‘If you are a long-term investor, I would wait.’
That’s economist and investor Mohamed El-Erian updating his previous blanket call to refrain from the previously tried-and-true strategy of reflexively buying stock-market dips. In remarks in a CNBC interview Monday and on Twitter, the former Pimco chief executive who is now chief economic adviser to Allianz, said last week’s stock market plunge — the largest fall for major indexes since the financial crisis in 2008 — now offered opportunities for “highly tactical” and arbitrage traders.
But long-term investors should continue to sit it out, he told the cable network, because he expects fundamentals to “deteriorate even faster. I think the policies and fundamentals are going to go in favor of bad fundamentals, unfortunately, initially,” he said.
El-Erian on Feb. 2 warned that the spread of the coronavirus would have cascading effects on the global economy, presenting a challenge that central bankers and other policy makers would find difficult to fix with traditional tools like rate cuts and fiscal stimulus. The changing dynamic would threaten the viability of the “buy-the-dip” strategy that had served investors profitably in the aftermath of the 2008-09 recession.
Early last week, El-Erian said investors should “continue to resist” the urge to buy the dip.

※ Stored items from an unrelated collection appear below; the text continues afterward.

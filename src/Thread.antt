-- ===== src/Thread.antt =====
-- src/thread.c: the registry of running threads, in a red-black tree of their ids.
pub mod Registered
mod Tests
use nebase.Base.{
  ℕ, ◌==◌, ◌≡◌, Bool, true, false, not, ◌&&◌, ◌||◌, Option, none, some, if◌then◌else◌,
}

-- What the registry uses of the tree of ids: rb_tree_find_node, rb_tree_insert_node of an id that is
-- not in it, and rb_tree_remove_node of one that is.
pub record IdTree (T : Type 0) : Type 0 where
  pub init : T
  pub find_node : T → ℕ → Bool
  pub insert_node : T → ℕ → T
  pub remove_node : T → ℕ → T
  pub find_init : (p : ℕ) → find_node init p ≡ false
  pub find_insert : (t : T) (p q : ℕ) → find_node (insert_node t p) q ≡ (p == q) || find_node t q
  pub find_remove :
      (t : T) (p q : ℕ) → find_node (remove_node t p) q ≡ not (p == q) && find_node t q

-- thread_rbt, and for each thread whether its value of thread_exit_key is set.
pub record Registry (T : Type 0) : Type 0 where
  pub thread_rbt : T
  pub exit_key : ℕ → Bool

abbrev pub put : (ℕ → Bool) → ℕ → Bool → ℕ → Bool
put f p b q = if p == q then b else f q

-- thread_rbt_add; `memory` is whether calloc succeeds, and false is -1.
unfoldable pub thread_rbt_add : {T : Type 0} → IdTree T → Bool → ℕ → Registry T → Registry T × Bool
thread_rbt_add rb memory p r =
    if not memory
    then (r, false)
    else if rb.find_node r.thread_rbt p
    then (r, false)
    else (record r { thread_rbt = rb.insert_node r.thread_rbt p }, true)

-- thread_rbt_del; none is the removal of a null node.
unfoldable pub thread_rbt_del : {T : Type 0} → IdTree T → ℕ → Registry T → Option (Registry T)
thread_rbt_del rb p r =
    if rb.find_node r.thread_rbt p
    then some (record r { thread_rbt = rb.remove_node r.thread_rbt p })
    else none

-- neb_thread_is_running, which is thread_rbt_exist
unfoldable pub thread_is_running : {T : Type 0} → IdTree T → ℕ → Registry T → Bool
thread_is_running rb p r = rb.find_node r.thread_rbt p

-- neb_thread_register; `set` is whether pthread_setspecific succeeds.
unfoldable pub thread_register :
    {T : Type 0} → IdTree T → Bool → Bool → ℕ → Registry T → Registry T × Bool
unfolding thread_rbt_add
thread_register rb set memory p r =
    if not set
    then (r, false)
    else thread_rbt_add rb memory p (record r { exit_key = put r.exit_key p true })

-- The end of a thread: the destructor of thread_exit_key is called where its value is set.
unfoldable pub thread_exit : {T : Type 0} → IdTree T → ℕ → Registry T → Option (Registry T)
unfolding thread_rbt_del
thread_exit rb p r =
    if r.exit_key p
    then thread_rbt_del rb p (record r { exit_key = put r.exit_key p false })
    else some r

-- neb_thread_destroy: `kill`, `clock` and `join` are whether the calls succeed.
unfoldable pub thread_destroy : {T : Type 0} → IdTree T → Bool → Bool → Bool → ℕ → Registry T → Bool
unfolding thread_is_running
thread_destroy rb kill clock join p r =
    if not (thread_is_running rb p r) then join else if not kill then false else clock && join

-- What threads do to the registry, one after the other under thread_rbt_lock.
pub data Event : Type 0 where
  registers : Bool → ℕ → Event
  exits : ℕ → Event

-- An event where calloc answers `memory`.
unfoldable pub event : {T : Type 0} → IdTree T → Bool → Event → Registry T → Option (Registry T)
unfolding thread_register thread_exit
event rb memory (registers set p) r = some (thread_register rb set memory p r).0
event rb memory (exits p) r = thread_exit rb p r

-- The registries that threads reach from neb_thread_init, where calloc succeeds.
pub data Reachable {T : Type 0} (rb : IdTree T) : Registry T → Type 0 where
  inits : Reachable rb (record { thread_rbt = rb.init; exit_key = λ p. false })
  then_event :
      (r : Registry T) (e : Event) (after : Registry T)
      → Reachable rb r
      → event rb true e r ≡ some after
      → Reachable rb after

Stock-market losses accelerated last week, with all three major benchmarks falling into a correction — a loss of more than 10%, but less than 20%, from a recent peak.
Stocks were sharply higher in volatile trade Monday, with the Dow Jones Industrial Average DJIA, +3.05% jumping more than 530 points, or 2.1%, to 25,941, while the S&P 500 SPX, +2.86% advanced 1.9% and the Nasdaq Composite COMP, +2.85% rebounded 2%. The Dow dropped nearly 3,600 points last week, a decline of 12.4%, while the S&P 500 lost 11.5% and the Nasdaq fell 10.5% — the biggest weekly downturns for all three indexes since the week ending Oct. 10, 2008, in the darkest days of the financial crisis.